# Brilliant Classics deal alert: Beethoven, Telemann and Vivaldi edition for cheap



## scytheavatar (Aug 27, 2009)

http://www.amazon.com/Complete-Beethoven/dp/B004HGQXB8/ref=pd_bxgy_m_img_b
http://www.amazon.com/Vivaldi-Various-Artists/dp/B003XKDEX4/ref=pd_bxgy_m_text_c
http://www.amazon.com/Telemann-Various-Artists/dp/B004D3BPH2/ref=pd_bxgy_m_text_b

All three for $83.31. Total and not each. Each is less than $30. I know that there are changes in the Beethoven edition, with Masur being replaced by Blomstedt and Gulda being replaced by Brendel.

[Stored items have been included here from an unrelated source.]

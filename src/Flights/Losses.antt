-- ===== src/Flights/Losses.antt =====
-- The jobs that a lost process fails (`_fail_jobs`), the routing table (`route`, `for_push`,
-- `flight_of`).
use Prim.Native.String.{String}
use donut_server.Prelude.{
  ℕ, zero, suc, ◌≡◌, ◌≢◌, refl, sym, subst, true, false, ◌↔◌, Option, none, some, List, [], ◌∷◌,
  ◌==◌, lookup, put, get_elem?, All, In, All-In, arith, inl, inr, ◌⊎◌, Bool-cases, Option-cases,
  lookup-put, nat_eq, ==_refl,
}
use donut_server.Flights.{
  enter_queue, leave_queue, error, JobRecord, Jobs, Coord, lost_during, is_mid_flight, same_index,
  fail_job, fail_jobs, lru, Routes, route, invent, for_push, flight_of,
}
use donut_server.Flights.Select.{lru-Least}

module _ (by_job : List (ℕ × ℕ)) (index : ℕ) (reason : String) where
  -- a record before and after a loss
  abbrev pub IsFailedIfHere : ℕ → JobRecord → JobRecord → Type 0
  IsFailedIfHere job r r' =
      ((lookup job by_job ≡ some index)
        × (is_mid_flight r.state ≡ true)
        × (r'.state ≡ error)
        × (r'.error_text ≡ some (lost_during r.state reason)))
      ⊎ (((lookup job by_job ≢ some index) ⊎ (is_mid_flight r.state ≡ false)) × (r' ≡ r))

  same_index_iff : (o : Option ℕ) → (same_index o index ≡ true) ↔ (o ≡ some index)
  unfolding same_index
  same_index_iff none = ground arith
  same_index_iff (some i) = ground (arith, nat_eq.equal_iff i index)

  fail_job-IsFailedIfHere :
      (job : ℕ) (r : JobRecord) → IsFailedIfHere job r (fail_job by_job index reason job r)
  unfolding fail_job
  fail_job-IsFailedIfHere job r = elim (Bool-cases (same_index (lookup job by_job) index)) [
    | inl here ↦ elim (Bool-cases (is_mid_flight r.state)) [
      | inl busy ↦
          rw (here, busy) (inl ((same_index_iff (lookup job by_job)).0 here, refl, refl, refl))
      | inr calm ↦ rw (here, calm) (inr (inr refl, refl))
    ]
    | inr elsewhere ↦ rw elsewhere (
        inr (
          inl (λ h. absurd (ground (arith, (same_index_iff (lookup job by_job)).1 h, elsewhere))),
          refl,
        ))
  ]

  -- The loss of a flight's process keeps every job, and changes the record of a job just if the job
  -- is routed to that flight and was receiving or computing, which then has failed, with its old
  -- state and the reason in the message.
  pub lookup-fail_jobs :
      (job : ℕ) (jobs : Jobs) (r : JobRecord)
      → lookup job jobs ≡ some r
      → (r' : JobRecord) × (lookup job (fail_jobs by_job index reason jobs) ≡ some r')
        × IsFailedIfHere job r r'
  unfolding fail_jobs lookup
  lookup-fail_jobs job [] r h = absurd (ground arith)
  lookup-fail_jobs job ((j, s) ∷ jobs) r h = elim (Bool-cases (j == job)) [
    | inl same ↦
        let p : j ≡ job = (nat_eq.equal_iff j job).0 same in
        let q : s ≡ r = ground arith in
        (
          fail_job by_job index reason j s,
          ground arith,
          subst (λ i. IsFailedIfHere i r (fail_job by_job index reason j s)) p
              (subst (λ x. IsFailedIfHere j x (fail_job by_job index reason j s)) q
                (fail_job-IsFailedIfHere j s)),
        )
    | inr other ↦
        let (r', e, why) = lookup-fail_jobs job jobs r (ground arith) in (r', ground arith, why)
  ]

-- After a prepare is routed to a flight of the pool, the job's push goes to that flight, and
-- another job's route has not changed.
pub for_push-route :
    {Command : Type 0} (flights : List (Coord Command)) (job other : ℕ) (c : Coord Command)
    (now : ℕ) (r : Routes)
    → get_elem? flights c.index ≡ some c
    → job ≢ other
    → ((for_push flights job (route job c now r)).0 ≡ some c)
      × (flight_of job (route job c now r) ≡ some c.index)
      × (flight_of other (route job c now r) ≡ flight_of other r)
unfolding for_push route flight_of
for_push-route flights job other c now r at h =
    let there : lookup job (put job c.index r.by_job) ≡ some c.index =
      ground (arith, lookup-put job job c.index r.by_job, ==_refl job) in
    (
      rw (there, for_push) at,
      there,
      rw (lookup-put job other c.index r.by_job) (elim (Bool-cases (job == other)) [
        | inl same ↦ absurd (h ((nat_eq.equal_iff job other).0 same))
        | inr different ↦ rw different refl
      ]),
    )

lru-In :
    {Command : Type 0} (last_used : List ℕ) (flights : List (Coord Command)) (d : Coord Command)
    → lru last_used flights ≡ some d
    → In d flights
unfolding lru
lru-In last_used [] d h = absurd (ground arith)
lru-In last_used (c ∷ flights) d h =
    let (found, e, _, at) = lru-Least last_used c flights in
    subst (λ x. In x (c ∷ flights)) (ground (arith, e, h)) at

-- A second push of a job goes where the first went, whether or not the job was routed before.
for_push-for_push :
    {Command : Type 0} (flights : List (Coord Command)) (job : ℕ) (c : Coord Command) (r : Routes)
    → All (λ d. get_elem? flights d.index ≡ some d) flights
    → (for_push flights job r).0 ≡ some c
    → (for_push flights job (for_push flights job r).1).0 ≡ some c
unfolding for_push
for_push-for_push flights job c r placed first = elim (Option-cases (lookup job r.by_job)) [
  | inl unrouted ↦ elim (Option-cases (lru r.last_used flights)) [
    | inl empty ↦ absurd (ground arith)
    | inr found ↦
        let (d, e) = found in
        let s : d ≡ c = ground (arith, unrouted, e) in
        let at : get_elem? flights c.index ≡ some c =
          All-In (λ d. get_elem? flights d.index ≡ some d) c flights placed
            (subst (λ x. In x flights) s (lru-In r.last_used flights d e)) in
        let there : lookup job (put job c.index r.by_job) ≡ some c.index =
          ground (arith, lookup-put job job c.index r.by_job, ==_refl job) in
        let routed : (for_push flights job r).1 ≡ record r { by_job = put job c.index r.by_job } =
          rw (unrouted, e, s, for_push, invent) refl in
        subst (λ q. (for_push flights job q).0 ≡ some c) (sym routed) (rw (there, for_push) at)
  ]
  | inr routed ↦
      let (i, e) = routed in
      subst (λ s. (for_push flights job s).0 ≡ some c) (ground (arith, e)) first
]

-- A caller that has left the queue of its flight has left no trace, in any order of the others that
-- came in the meantime.
leave_queue-enter_queue :
    (i j : ℕ) (counts : List ℕ)
    → (leave_queue i (enter_queue i counts) ≡ counts)
      × (leave_queue i (enter_queue j (enter_queue i counts)) ≡ enter_queue j counts)
unfolding enter_queue leave_queue
leave_queue-enter_queue i j [] = (refl, refl)
leave_queue-enter_queue zero zero (n ∷ counts) = ground arith
leave_queue-enter_queue zero (suc j) (n ∷ counts) = ground arith
leave_queue-enter_queue (suc i) zero (n ∷ counts) =
    let (a, b) = leave_queue-enter_queue i zero counts in ground (arith, a, b)
leave_queue-enter_queue (suc i) (suc j) (n ∷ counts) =
    let (a, b) = leave_queue-enter_queue i j counts in ground (arith, a, b)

Yes, I know some of you guys hate Brilliant Classics, but this is just to let the rest know. Surely it can't be a bad deal at this price?


----------



## Pieck (Jan 12, 2011)

Actually in the Telemann Edition there are great artists, the bad thing is that they didnt write which works are in there
And thanks for the warning


----------



## Conor71 (Feb 19, 2009)

scytheavatar said:


> http://www.amazon.com/Complete-Beethoven/dp/B004HGQXB8/ref=pd_bxgy_m_img_b
> http://www.amazon.com/Vivaldi-Various-Artists/dp/B003XKDEX4/ref=pd_bxgy_m_text_c
> http://www.amazon.com/Telemann-Various-Artists/dp/B004D3BPH2/ref=pd_bxgy_m_text_b
> 
> ...


Thanks for the heads up!  - The Beethoven Complete works for $30 US is a pretty astonishing deal! :trp:


----------



## Ravellian (Aug 17, 2009)

The Beethoven is tempting, but I have several recordings of all his most important works anyway... I think I'll pass. What I really need is an _Verdi Complete Works_ or, better yet.... a _20th Century Complete Works_


----------



## Pieck (Jan 12, 2011)

Ravellian said:


> The Beethoven is tempting, but I have several recordings of all his most important works anyway... I think I'll pass. What I really need is an _Verdi Complete Works_ or, better yet.... a _20th Century Complete Works_


or classical music complete works


----------



## haydnfan (Apr 13, 2011)

The Telemann box looks interesting. I don't see any indication from the Beethoven link that it is priced at $30, and I doubt it will be that cheap. Well I have the Beethoven edition anyway.


----------



## Conor71 (Feb 19, 2009)

Ravellian said:


> The Beethoven is tempting, but I have several recordings of all his most important works anyway... I think I'll pass. What I really need is an _Verdi Complete Works_ or, better yet.... a _20th Century Complete Works_


Maybe this box-set might be what you're looking for the 20th Century works :










Amazon Link


----------



## Vaneyes (May 11, 2010)

Conor71 said:


> Maybe this box-set might be what you're looking for the 20th Century works :
> 
> 
> 
> ...


Half the full price or less would be a real bargain, if one doesn't have any of the items already. Many of these have been around the EMI block numerous times. A very good overview with several top notch recordings. I'm not a big fan of Rattle, but his things here are some of his best. Baudo is much underrated.


----------



## Martin E (Feb 7, 2011)

The Telemann box set is currently being advertised on the UK Amazon website as selling for £68.99 although it is also avaible brand new for about £50 from the same site but from different sellers. I bought it myself a couple of months back for around £60 but it's not really to my taste, too much flute for my liking, I don't know why I got it, I don't even much like the sound of the flute. Anyway, my box set has been opened but apart from playing a few of the discs a few times the box set is as good as new because I'm always very careful with my stuff. I'd be happy to send it to someone if they are interested in paying postage and packing and in an attempt to recoup some of what I spent getting it I would charge £30 for the product. If anyone here is interested let me know.


----------



## regnaDkciN (May 24, 2011)

The Beethoven set is now up to $115.40.


----------